The present research aims to present the manifestation of these domains of intangible heritage in Alexandria based on data collection from resources, interviews and questionnaires.  It intends to explain how that intangible heritage is maintained and practiced and who knows about it or who benefits from it. It also aims to explain how the varied intangible heritage of the city could be promoted, marketed and used for the benefit of tourism. The study reveals that the intangible heritage of Alexandria could be linked to the events’ agenda of the city and could easily enhance local tourism. It could also deepen the national loyalty and sense of identity of the Alexandrians. Moreover, it could be well used to create innovative thematic tours, walking tours and creative events that could attract tourists.

Key Words: Intangible heritage, thematic tours, Alexandria



Alexandria was founded by Alexander the Great in 332 BC on a site that was previously known and used during the Pharonic period known as Rhakotis; which was one of several villages that guarded the coastline from possible incursions. The facing island of Pharos was a landing stage of International navigation (Morcos et al, 2003). The city was used as capital of Egypt during the Graeco-Roman period; thus its political importance grew accordingly. It also became a major commercial centre of the ancient Mediterranean. With its lighthouse and active commercial, artistic and scientific activities it remained the richest and most prosperous city in the Mediterranean for decades.
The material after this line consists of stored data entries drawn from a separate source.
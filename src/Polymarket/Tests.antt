-- ===== src/Polymarket/Tests.antt =====
-- The local order book on small inputs: a token of one market, a snapshot of it, and a change.
use somethingtrade.Prelude.{ℕ, ◌≤◌, ◌≡◌, ◌↔◌, refl, false, true, none, some, List, [], ◌∷◌, All}
use somethingtrade.Prelude.Int.{pos}
use somethingtrade.Prelude.Texts.{Texts, member}
use somethingtrade.Polymarket.Types.{
  strict, TokenBookMetadata, Settings, PolymarketLocalOrderBook, PolymarketQuote, Received,
  BookMessage, PriceChange, BestBidAsk,
}
use somethingtrade.Polymarket.Levels.{best_bid, best_ask, levels_to_dict, set_level}
use somethingtrade.Polymarket.Reported.{
  price_of, size_of, mismatched, apply_beside, apply_one_reported_best, apply_both,
  apply_reported_at, apply_reported_best, clear_resolved_overrides, sample_validation_error,
}
use somethingtrade.Polymarket.Quoting.{touch, quote, is_incomplete, structurally_complete}
use somethingtrade.Polymarket.LocalBook.{
  init, book_of, finish, replace_levels, apply_book, change_level, change_book, apply_price_change,
  reset_errors, apply_best_bid_ask, mark_market_invalid,
}
use somethingtrade.Polymarket.Complete.{Uncrossed}
use somethingtrade.Polymarket.Run.{Call, snapshot, change, reported, call, run}
use somethingtrade.Polymarket.Counting.{token_counts}
use somethingtrade.Polymarket.Tally.{tally, run-counts, run-not_stale}
use somethingtrade.Polymarket.Safety.{ShowsSound, is_offered, call_complete, run-invalidated}
use somethingtrade.Polymarket.Samples.{written}
use somethingtrade.Polymarket.Limit.{run-written}
use somethingtrade.Polymarket.Recovery.{apply_book-complete_iff}

abbrev settings : Settings
settings = record {
  stale_after_ns = 1000;
  best_validation_mode = strict;
  best_validation_tolerance_ticks = 1;
  mismatch_sample_path = some "samples.jsonl";
  mismatch_sample_per_token_per_min = 2;
  default_tick_size = 10;
}

abbrev metadata : TokenBookMetadata
metadata = record {
  condition_id = none;
  market_id = "m";
  side_label = "UP";
  market_slug = none;
  base_asset = none;
  duration_minutes = none;
  token_outcome = none;
  tick_size = 10;
}

abbrev tokens : Texts TokenBookMetadata
tokens = ("t", metadata) ∷ []

abbrev at_time : ℕ → Received
at_time n = record {
  received_ts = n;
  parse_done_ts = n;
  recv_monotonic_ns = n;
  parse_done_monotonic_ns = n;
  event_ts = none;
  sequence = none;
}

abbrev levels : BookMessage
levels = record {
  asset_id = "t";
  market = "m";
  bids = some (some (400, pos 5) ∷ none ∷ some (390, pos 7) ∷ []);
  asks = some (some (420, pos 3) ∷ []);
}

abbrev higher_bid : PriceChange
higher_bid = record {
  asset_id = "t";
  market = "m";
  side = "BUY";
  price = 410;
  size = pos 2;
  best_bid = some 410;
  best_ask = some 420;
}

abbrev wrong_bid : BestBidAsk
wrong_bid = record { asset_id = "t"; market = "m"; best_bid = some 300; best_ask = some 420 }

abbrev begun : PolymarketLocalOrderBook
begun = (call (snapshot (at_time 1) levels) (init settings tokens)).0

abbrev changed : PolymarketQuote
changed = (apply_price_change (at_time 2) higher_bid begun).1

changed_complete : changed.book_complete ≡ true
unfolding apply_price_change finish quote is_incomplete structurally_complete touch
    apply_reported_best apply_reported_at apply_both apply_one_reported_best apply_beside mismatched
    change_book change_level clear_resolved_overrides set_level book_of call apply_book init
    replace_levels levels_to_dict best_bid best_ask
changed_complete = refl

changed-call : (call (change (at_time 2) higher_bid) begun).1 ≡ some changed
unfolding call
changed-call = refl

call_complete_example :
    ShowsSound
      (change (at_time 2) higher_bid)
      (call (change (at_time 2) higher_bid) begun).0
      changed
call_complete_example =
    call_complete (change (at_time 2) higher_bid) begun changed changed-call changed_complete

abbrev calls : List Call
calls =
    snapshot (at_time 1) levels
    ∷ change (at_time 2) higher_bid
    ∷ reported (at_time 3) wrong_bid
    ∷ reported (at_time 4) wrong_bid
    ∷ reported (at_time 5) wrong_bid
    ∷ []

run-invalidated_example :
    All (λ q. is_offered "m" q ≡ false) (run calls (mark_market_invalid "m" begun)).1
run-invalidated_example = run-invalidated "m" calls begun

apply_book-complete_iff_example :
    let q = (apply_book (at_time 6) levels begun).1 in
    let bid = best_bid (levels_to_dict levels.bids) in
    let ask = best_ask (levels_to_dict levels.asks) in
    ((q.book_complete ≡ true)
      ↔ ((member begun.market_invalid q.market_id ≡ false) × Uncrossed bid ask))
    × ((q.best_bid ≡ price_of bid) × (q.best_bid_size ≡ size_of bid))
    × (q.best_ask ≡ price_of ask)
    × (q.best_ask_size ≡ size_of ask)
apply_book-complete_iff_example = apply_book-complete_iff (at_time 6) levels begun

run-written_example :
    written (run calls (init settings tokens)).0.mismatches.samples "t" 0
    ≤ settings.mismatch_sample_per_token_per_min
run-written_example = run-written settings tokens calls "t" 0

-- Of three mismatches two are sampled.
two_samples : written (run calls (init settings tokens)).0.mismatches.samples "t" 0 ≡ 2
unfolding apply_price_change finish quote is_incomplete structurally_complete touch
    apply_reported_best apply_reported_at apply_both apply_one_reported_best apply_beside mismatched
    change_book change_level clear_resolved_overrides set_level book_of call apply_book init
    replace_levels levels_to_dict best_bid best_ask run apply_best_bid_ask reset_errors
    sample_validation_error
two_samples = refl

run-counts_example :
    let (s', quotes) = run calls begun in
    token_counts s'.readiness "t" ≡ tally "t" quotes (token_counts begun.readiness "t")
run-counts_example = run-counts calls begun "t"

run-not_stale_example : All (λ q. q.book_stale ≡ false) (run calls begun).1
run-not_stale_example = run-not_stale calls begun
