-- ===== src/Purge.antt =====
-- `purge_queued_depth_updates_after_snapshot` and the drain and requeue of
-- `purge_queue_after_snapshot`, of bot/app/marketdata/orderbook_phase41.py. A symbol is the text
-- that `.upper()` makes of it.
pub mod Bridge
pub mod Split
pub mod Parted
pub mod Requeue
pub mod Resume
mod Tests
use somethingtrade.Prelude.{
  ℕ, zero, suc, ◌+◌, ◌-◌, String, str_eq, Bool, true, false, not, ◌&&◌, Option, none, some, List,
  [], ◌∷◌, ◌++◌, leb, ltb, ◌==◌, if◌then◌else◌, length,
}
use somethingtrade.Queue.{QueueEnvelope, QueueBackpressureMonitor, record_drop}
use somethingtrade.Orderbook.Types.{DeltaMessage, OrderbookState, Clocks, NotReadyReason}
use somethingtrade.Orderbook.State.{mark_not_ready}
use somethingtrade.Lifecycle.{WsLifecycleTracker, on_queue_dropped, observe_ready_false}

-- `DepthUpdate`, with what the purge and `apply_delta` read of it.
pub record DepthUpdate : Type 0 where
  pub symbol : String
  pub update : DeltaMessage

-- The payload of an envelope: a depth update, or anything else.
pub data Payload : Type 0 where
  depth : DepthUpdate → Payload
  other : Payload

abbrev pub Envelope : Type 0
Envelope = QueueEnvelope Payload

pub record PostSnapshotQueuePurgeResult : Type 0 where
  pub symbol : String
  pub snapshot_last_update_id : ℕ
  pub queue_size_before : ℕ
  pub old_events_dropped : ℕ
  pub bridge_candidate_found : Bool
  pub bridge_first_update_id : Option ℕ
  pub bridge_final_update_id : Option ℕ
  pub events_preserved_count : ℕ
  pub queue_size_after : ℕ
  pub bridge_missing_after_snapshot : Bool
  pub future_events_dropped : ℕ

-- The variables of the loop.
pub record Purge : Type 0 where
  pub preserved : List Envelope
  pub old_events_dropped : ℕ
  pub future_events_dropped : ℕ
  pub bridge_candidate_found : Bool
  pub bridge_first_update_id : Option ℕ
  pub bridge_final_update_id : Option ℕ

abbrev pub start : Purge
start = record {
  preserved = [];
  old_events_dropped = 0;
  future_events_dropped = 0;
  bridge_candidate_found = false;
  bridge_first_update_id = none;
  bridge_final_update_id = none;
}

-- The update of an envelope that the purge looks at: a depth update of the symbol.
abbrev own_payload : String → Payload → Option DeltaMessage
own_payload symbol (depth d) = if str_eq d.symbol symbol then some d.update else none
own_payload symbol other = none

pub own : String → Envelope → Option DeltaMessage
own symbol e = own_payload symbol e.payload

abbrev keep : Envelope → Purge → Purge
keep e p = record p { preserved = p.preserved ++ e ∷ [] }

-- The update ends after the snapshot and spans the first id after it.
abbrev pub is_bridge : ℕ → DeltaMessage → Bool
is_bridge id d = leb d.first_update_id (id + 1) && leb (id + 1) d.final_update_id

-- One round of the loop, with the envelope's own update, if it has one.
visit_own : ℕ → Envelope → DeltaMessage → Purge → Purge
visit_own id e d p =
    if leb d.final_update_id id
    then record p { old_events_dropped = p.old_events_dropped + 1 }
    else if p.bridge_candidate_found
    then keep e p
    else if is_bridge id d
    then record p {
      preserved = p.preserved ++ e ∷ [];
      bridge_candidate_found = true;
      bridge_first_update_id = some d.first_update_id;
      bridge_final_update_id = some d.final_update_id;
    }
    else record p { future_events_dropped = p.future_events_dropped + 1 }

abbrev visit : ℕ → Envelope → Option DeltaMessage → Purge → Purge
visit id e none p = keep e p
visit id e (some d) p = visit_own id e d p

pub purge_loop : String → ℕ → List Envelope → Purge → Purge
unfolding visit_own
purge_loop symbol id [] p = p
purge_loop symbol id (e ∷ es) p = purge_loop symbol id es (visit id e (own symbol e) p)

result_of : String → ℕ → List Envelope → Purge → PostSnapshotQueuePurgeResult
result_of symbol id drained p = record {
  symbol = symbol;
  snapshot_last_update_id = id;
  queue_size_before = length drained;
  old_events_dropped = p.old_events_dropped;
  bridge_candidate_found = p.bridge_candidate_found;
  bridge_first_update_id = p.bridge_first_update_id;
  bridge_final_update_id = p.bridge_final_update_id;
  events_preserved_count = length p.preserved;
  queue_size_after = length p.preserved;
  bridge_missing_after_snapshot =
      not (p.future_events_dropped == 0) && not p.bridge_candidate_found;
  future_events_dropped = p.future_events_dropped;
}

pub purge_queued_depth_updates_after_snapshot :
    String → ℕ → List Envelope → PostSnapshotQueuePurgeResult × List Envelope
unfolding result_of
purge_queued_depth_updates_after_snapshot symbol id drained =
    let p = purge_loop symbol id drained start in (result_of symbol id drained p, p.preserved)

-- What the queue, the monitor and the count of lost envelopes are.
pub record Requeued : Type 0 where
  pub queue : List Envelope
  pub monitor : QueueBackpressureMonitor
  pub lifecycle : WsLifecycleTracker
  pub dropped_on_requeue : ℕ

-- A queue is full at its bound; a bound of zero is none.
abbrev pub is_full : ℕ → List Envelope → Bool
is_full bound queue = not (bound == 0) && leb bound (length queue)

-- One `put_nowait`, with its `QueueFull`.
put_nowait : ℕ → Envelope → Requeued → Requeued
put_nowait bound e r =
    if is_full bound r.queue
    then record r {
      monitor = record_drop 1 r.monitor;
      lifecycle = on_queue_dropped 1 r.lifecycle;
      dropped_on_requeue = r.dropped_on_requeue + 1;
    }
    else record r { queue = r.queue ++ e ∷ [] }

pub requeue : ℕ → List Envelope → Requeued → Requeued
unfolding put_nowait
requeue bound [] r = r
requeue bound (e ∷ es) r = requeue bound es (put_nowait bound e r)

-- The counts are mended for the envelopes that did not fit.
mended : ℕ → PostSnapshotQueuePurgeResult → PostSnapshotQueuePurgeResult
mended lost result = if lost == 0 then result else record result {
  events_preserved_count = result.events_preserved_count - lost;
  queue_size_after = result.queue_size_after - lost;
}

-- The parts of the processor that `purge_queue_after_snapshot` reads and changes: the queue, its
-- monitor, the lifecycle counters, the symbol's state, and one counter.
pub record PurgeTarget : Type 0 where
  pub queue : List Envelope
  pub monitor : QueueBackpressureMonitor
  pub lifecycle : WsLifecycleTracker
  pub state : OrderbookState
  pub bridge_missing_after_snapshot_count : ℕ

abbrev pub fail_without_bridge : Clocks → PurgeTarget → PurgeTarget
fail_without_bridge clocks t =
    let s =
      mark_not_ready clocks NotReadyReason.bridge_missing_after_snapshot
        (some clocks.monotonic_now_ns) true none t.state in
    record t {
      state = s;
      lifecycle = observe_ready_false s t.lifecycle;
      bridge_missing_after_snapshot_count = t.bridge_missing_after_snapshot_count + 1;
    }

-- The queue is drained, purged and filled again; without a bridge the state is not ready any more.
pub purge_queue_after_snapshot :
    Clocks → ℕ → String → ℕ → PurgeTarget → PostSnapshotQueuePurgeResult × PurgeTarget
unfolding mended
purge_queue_after_snapshot clocks bound symbol id t =
    let (result, preserved) = purge_queued_depth_updates_after_snapshot symbol id t.queue in
    let r = requeue bound preserved (record {
      queue = [];
      monitor = t.monitor;
      lifecycle = t.lifecycle;
      dropped_on_requeue = 0;
    }) in
    let t' = record t { queue = r.queue; monitor = r.monitor; lifecycle = r.lifecycle } in
    (
      mended r.dropped_on_requeue result,
      if result.bridge_missing_after_snapshot then fail_without_bridge clocks t' else t',
    )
By the beginning of the Islamic era the city witnessed a drawback in importance; since the Arabs abandoned the city as a capital and established Al-Fustat instead. The city regained its importance gradually by the Fatimid period as it was used as a military harbour and commercial port. Many of the old buildings were renovated, new mosques and madrasas were built and a large number of Moroccans migrated to Alexandria and settled in it (Al-Shayal, 2000).  The city also attracted the attention of the Ayyubid sultans who aimed to guard it from the Crusades; therefore, it was visited, protected and new buildings were added (Al-Shayal, 2000).

But the golden age of the city during medieval times was during the Mamluk Sultanate when the city regained its leading role as a commercial centre. Egypt was controlling the trade routes between East and West and Alexandria was one of the major transits and ports. It attracted merchants from Europe and Asia; especially that the Mamluk sultans were keen to have diplomatic relations with countries working on trade and gave their merchants benefits and incentives while staying in Egypt (Al-Ashqar, 1999). This was the real beginning for various foreign communities to settle in Alexandria. During the Ottoman period, large communities of Greeks, Italians, French, British in addition to Syrians and Moroccans lived in Alexandria. They benefited from the advantages given to them by the Ottomans to encourage trade and enforce political relations with their counties (Haridi, 2004; Ibrahim, 2013). Such communities continued to live in Alexandria till present times and the mix between them and their mingling with the Egyptians gave the city its cosmopolitan nature.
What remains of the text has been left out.